Он беспомощно разводил смешными пухлыми ручками, хлопал глазами и назойливо извинялся.
Мария тяжело вздыхала и осуждающе качала головой:
– Взрослый ведь человек, Степан Багратович, а все туда же!
Он смущался еще больше, бормотал что-то невразумительное и пятился к двери, непременно опрокинув стоящий на пути стул.
По отделению поползи шуточки: «А наша-то! И кто бы мог подумать?»
Мария «эти глупости» отмела резко и разом – все тут же притихли, и хохмочки прекратились.
Только доктор сказал ей однажды:
– А зря вы так, Маша! Чудный человек этот Багратович. Добрый, широкий. Совершенно не типичный торгаш. Соединили бы свои судьбы, а, Мария? Может быть, обратите внимание? Ну, не всю жизнь одной. И дочке вашей… Будет неплохо. Человек он не бедный, да и нежадный, как видно… Так что – рекомендую.
Мария застыла, чуть не выронив из рук лоток с инструментами.
– Что? – переспросила она. – Не поняла.
Доктор стушевался и досадливо махнул рукой.
– Да не обращайте внимания. Несу черт-те что, сам не знаю. – Он пошел к двери и, обернувшись, тихо добавил: – А все-таки зря. Когда два хороших и одиноких человека… – Снова махнул рукой и вышел вон.
Мария опустилась на кушетку. Господи! Какая чушь! И кто? Он? Он советует мне «обратить внимание»? Рекомендует?
Он, кого она любила всю свою жизнь? От которого родила дочь и ни разу – ни разу! – не побеспокоила его и не потревожила его покой!
Он, рядом с которым она прожила свою жизнь, просто чтобы прожить ее рядом с ним! Он рекомендует ей!
Он, ради которого все эти годы она имела счастье каждый день проходить мимо его дома и видеть, слышать… Просто – знать! Знать, что он там, рядом, только протяни руку и…
Он там! Пусть со своей семьей, со своей Веруней! Ей, Веруне, он выбирает гранаты на рынке. У Верочки низкий гемоглобин. Ей, Веруне, он покупает мед – у Верочки слабый иммунитет. Ездит в центр за зимним пальто и справляется, где молодая докторша Светлана Васильевна купила такие замечательные осенние сапоги! Просит совсем уже слепую Потаповну связать «Верочке теплую шаль».
Все эти годы она слушала про его непутевых дочерей и сестер и утешала как могла.
На всех операциях стояла с ним рядом, плечом к плечу, даже тогда, когда он почти заболел, теряя сноровку и ловкость. Просто для того, чтобы он, не дай бог, не занервничал и не совершил ошибку.

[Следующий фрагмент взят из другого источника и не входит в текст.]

-- ===== src/Process/Schedule.antt =====
-- The choice of the next task (w2/sys/process/process.c, process_manager.c).
use sbrocks.Prelude.{
  ℕ, zero, suc, ◌<◌, ◌≡◌, ◌≢◌, refl, sym, ap, arith, ◌==◌, if◌then◌else◌, Bool, true, false, some,
  List, [], ◌∷◌, ◌++◌, length, inl, inr, Bool-cases, not, ◌&&◌,
}
use sbrocks.Paging.{virt_to_phy}
use sbrocks.Process.{
  Kernel, TaskState, next_of, set_state, is_runnable, find_runnable, get_next_task,
  schedule_process, start_process, stack_top,
}
use sbrocks.Prelude.Chain.{IsChain, IsChain-behind, Misses}
use sbrocks.Process.Lists.{HasTasks}

abbrev pub can_run : Kernel → (current task : ℕ) → Bool
can_run k current task = not (task == current) && is_runnable (k.tasks task).state

-- The first of the tasks that can run in place of the current one, or 0.
unfoldable pub first_ready : Kernel → (current : ℕ) → List ℕ → ℕ
first_ready k current [] = 0
first_ready k current (x ∷ xs) = if can_run k current x then x else first_ready k current xs

find_runnable-first_ready :
    (fuel : ℕ) (k : Kernel) (current p : ℕ) (xs : List ℕ)
    → IsChain (next_of k) p xs
    → length xs < fuel
    → find_runnable fuel k current p ≡ some (first_ready k current xs)
unfolding find_runnable first_ready IsChain
find_runnable-first_ready zero k current p xs c h = elim h [ ]
find_runnable-first_ready (suc fuel) k current p [] c h =
    let e : (p == 0) ≡ true = (let z = c in ground arith) in rw e refl
find_runnable-first_ready (suc fuel) k current p (x ∷ xs) c h =
    let ne : (x == 0) ≡ false = (let n = c.1 in ground arith) in
    let rest = find_runnable-first_ready fuel k current (next_of k x) xs c.2 (omega arith) in
    elim (Bool-cases (can_run k current x)) [
      | inl ready ↦ rw (c.0, ne, ready) refl
      | inr other ↦ rw (c.0, ne, other) rest
    ]

IsChain-nonzero : (next : ℕ → ℕ) (p : ℕ) (xs : List ℕ) → IsChain next p xs → Misses 0 xs
unfolding IsChain Misses
IsChain-nonzero next p [] c = tt
IsChain-nonzero next p (x ∷ xs) c = (λ e. c.1 (sym e), IsChain-nonzero next (next x) xs c.2)

Misses-prefix : (q : ℕ) (xs ys : List ℕ) → Misses q (xs ++ ys) → Misses q xs
unfolding Misses
Misses-prefix q [] ys m = tt
Misses-prefix q (x ∷ xs) ys m = (m.0, Misses-prefix q xs ys m.1)

first_ready-append :
    (k : Kernel) (current : ℕ) (xs ys : List ℕ)
    → Misses 0 xs
    → first_ready k current (xs ++ ys) ≡ (
        if first_ready k current xs == 0
        then first_ready k current ys
        else first_ready k current xs)
unfolding first_ready Misses
first_ready-append k current [] ys m = refl
first_ready-append k current (x ∷ xs) ys m =
    let ne : (x == 0) ≡ false = (let n = m.0 in ground arith) in
    elim (Bool-cases (can_run k current x)) [
      | inl ready ↦ rw (ready, ne) refl
      | inr other ↦ rw other (first_ready-append k current xs ys m.1)
    ]

first_ready_self :
    (k : Kernel) (current : ℕ) (ys : List ℕ)
    → first_ready k current (current ∷ ys) ≡ first_ready k current ys
unfolding first_ready
first_ready_self k current ys = let s : (current == current) ≡ true = ground arith in rw s refl

pub length-middle : (xs : List ℕ) (c : ℕ) (ys : List ℕ) → length ys < length (xs ++ c ∷ ys)
length-middle [] c ys = omega arith
length-middle (x ∷ xs) c ys = let h = length-middle xs c ys in omega arith

-- With the current task in the list, `get_next_task` ends with the first runnable task behind it,
-- going round from the end of the list to its start, and with 0 where no other task is runnable.
pub get_next_task-round_robin :
    (fuel current : ℕ) (xs ys : List ℕ) (k : Kernel)
    → HasTasks k (xs ++ current ∷ ys)
    → length (xs ++ current ∷ ys) < fuel
    → get_next_task fuel current k ≡ some (first_ready k current (ys ++ xs))
unfolding get_next_task
get_next_task-round_robin fuel current xs ys k c h =
    let (nz, behind) = IsChain-behind (next_of k) k.task_list xs current ys c in
    let ne : (current == 0) ≡ false = ground arith in
    let all = xs ++ current ∷ ys in
    let run1 =
      find_runnable-first_ready fuel k current (next_of k current) ys behind
        (let l = length-middle xs current ys in omega arith) in
    let run2 = find_runnable-first_ready fuel k current k.task_list all c h in
    let front =
      first_ready-append k current xs (current ∷ ys)
        (Misses-prefix 0 xs (current ∷ ys) (IsChain-nonzero (next_of k) k.task_list all c)) in
    let back =
      first_ready-append k current ys xs
        (IsChain-nonzero (next_of k) (next_of k current) ys behind) in
    let self = first_ready_self k current ys in
    elim (Bool-cases (first_ready k current ys == 0)) [
      | inr found ↦ rw (ne, run1, found, back, found) refl
      | inl gone ↦
          rw (ne, run1, gone, run2, back, gone) (ap some (choose front self (ground arith)))
    ]
  where
    choose : {w a b c : ℕ} → w ≡ (if a == 0 then b else a) → b ≡ c → c ≡ 0 → w ≡ a
    choose e1 e2 e3 = ground arith

first_ready_other :
    (k : Kernel) (current : ℕ) (xs : List ℕ) → current ≢ 0 → first_ready k current xs ≢ current
unfolding first_ready
first_ready_other k current [] nz e = nz (sym e)
first_ready_other k current (x ∷ xs) nz e = elim (Bool-cases (can_run k current x)) [
  | inl ready ↦ differs ready (rw ready at e)
  | inr not_ready ↦ first_ready_other k current xs nz (rw not_ready at e)
]
  where
    differs : can_run k current x ≡ true → x ≡ current → ⊥
    differs r same = ground arith

switched : (task : ℕ) → Kernel → Kernel
unfolding start_process
switched task k = start_process task (
    set_state task TaskState.task_running
      (record (set_state k.current_task TaskState.task_runnable k) { current_task = task }))

-- The timer's switch: the next task in turn becomes the current one and runs, the old one is
-- runnable, cr3 gets the physical address of the new one's tables and the top of its kernel stack is
-- set, and no other task changes. Where no other task is runnable, nothing changes. It needs that the
-- current task is in the list of tasks.
pub schedule_process-round_robin :
    (fuel : ℕ) (xs ys : List ℕ) (k : Kernel)
    → HasTasks k (xs ++ k.current_task ∷ ys)
    → length (xs ++ k.current_task ∷ ys) < fuel
    → let task = first_ready k k.current_task (ys ++ xs) in
      ((task ≡ 0) → schedule_process fuel k ≡ some k)
      × ((task ≢ 0)
          → (k' : Kernel) × (schedule_process fuel k ≡ some k')
            × (k'.current_task ≡ task)
            × ((k'.tasks task).state ≡ TaskState.task_running)
            × ((k'.tasks k.current_task).state ≡ TaskState.task_runnable)
            × (k'.tss_rsp0 ≡ stack_top task)
            × (k'.vm.cr3 ≡ virt_to_phy (k.tasks task).pml4e k.vm)
            × ((q : ℕ) → q ≢ task → q ≢ k.current_task → k'.tasks q ≡ k.tasks q))
unfolding schedule_process start_process switched
schedule_process-round_robin fuel xs ys k c h =
    let run = get_next_task-round_robin fuel k.current_task xs ys k c h in
    let nz = (IsChain-behind (next_of k) k.task_list xs k.current_task ys c).0 in
    let here : (k.current_task == 0) ≡ false = ground arith in
    let task = first_ready k k.current_task (ys ++ xs) in
    (
      λ z. (let e : (task == 0) ≡ true = ground arith in rw (run, e) refl),
      λ n.
          let other = first_ready_other k k.current_task (ys ++ xs) nz in
          let e : (task == 0) ≡ false = ground arith in
          let s : (task == task) ≡ true = ground arith in
          let o : (task == k.current_task) ≡ false = ground arith in
          let o2 : (k.current_task == task) ≡ false = ground arith in
          let s' : (k.current_task == k.current_task) ≡ true = ground arith in
          (
            switched task k,
            rw (run, e, here) refl,
            refl,
            rw s refl,
            rw (o, s') refl,
            refl,
            rw (s, o2) refl,
            λ q n1 n2.
                let a : (task == q) ≡ false = ground arith in
                let b : (k.current_task == q) ≡ false = ground arith in rw (a, b) refl,
          ),
    )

Носила ему пирожки и борщ в баночке, чтобы он поел вкусного и горячего. Хотя бы там, на работе. Из ее рук. Да что там пирожки! Все эти годы она ни разу не подумала о другом мужчине. Восхищалась им, восторгалась и боготворила! Прощала ему его Веруню и его любовь к ней, ни разу – ни разу! – не заревновав к ней, потому что…
Потому что не это было главное! А главным было то, что бог дал ей такую любовь и счастье родить от него ребенка.
За все эти годы у нее ни разу не возникло мысли хотя бы намеком, шутя, дать ему понять, напомнить про ту ночь в ординаторской. Потому что это… Это внесло бы смуту в его жизнь, нарушило ее привычное течение, вызвало беспокойство и чувство вины.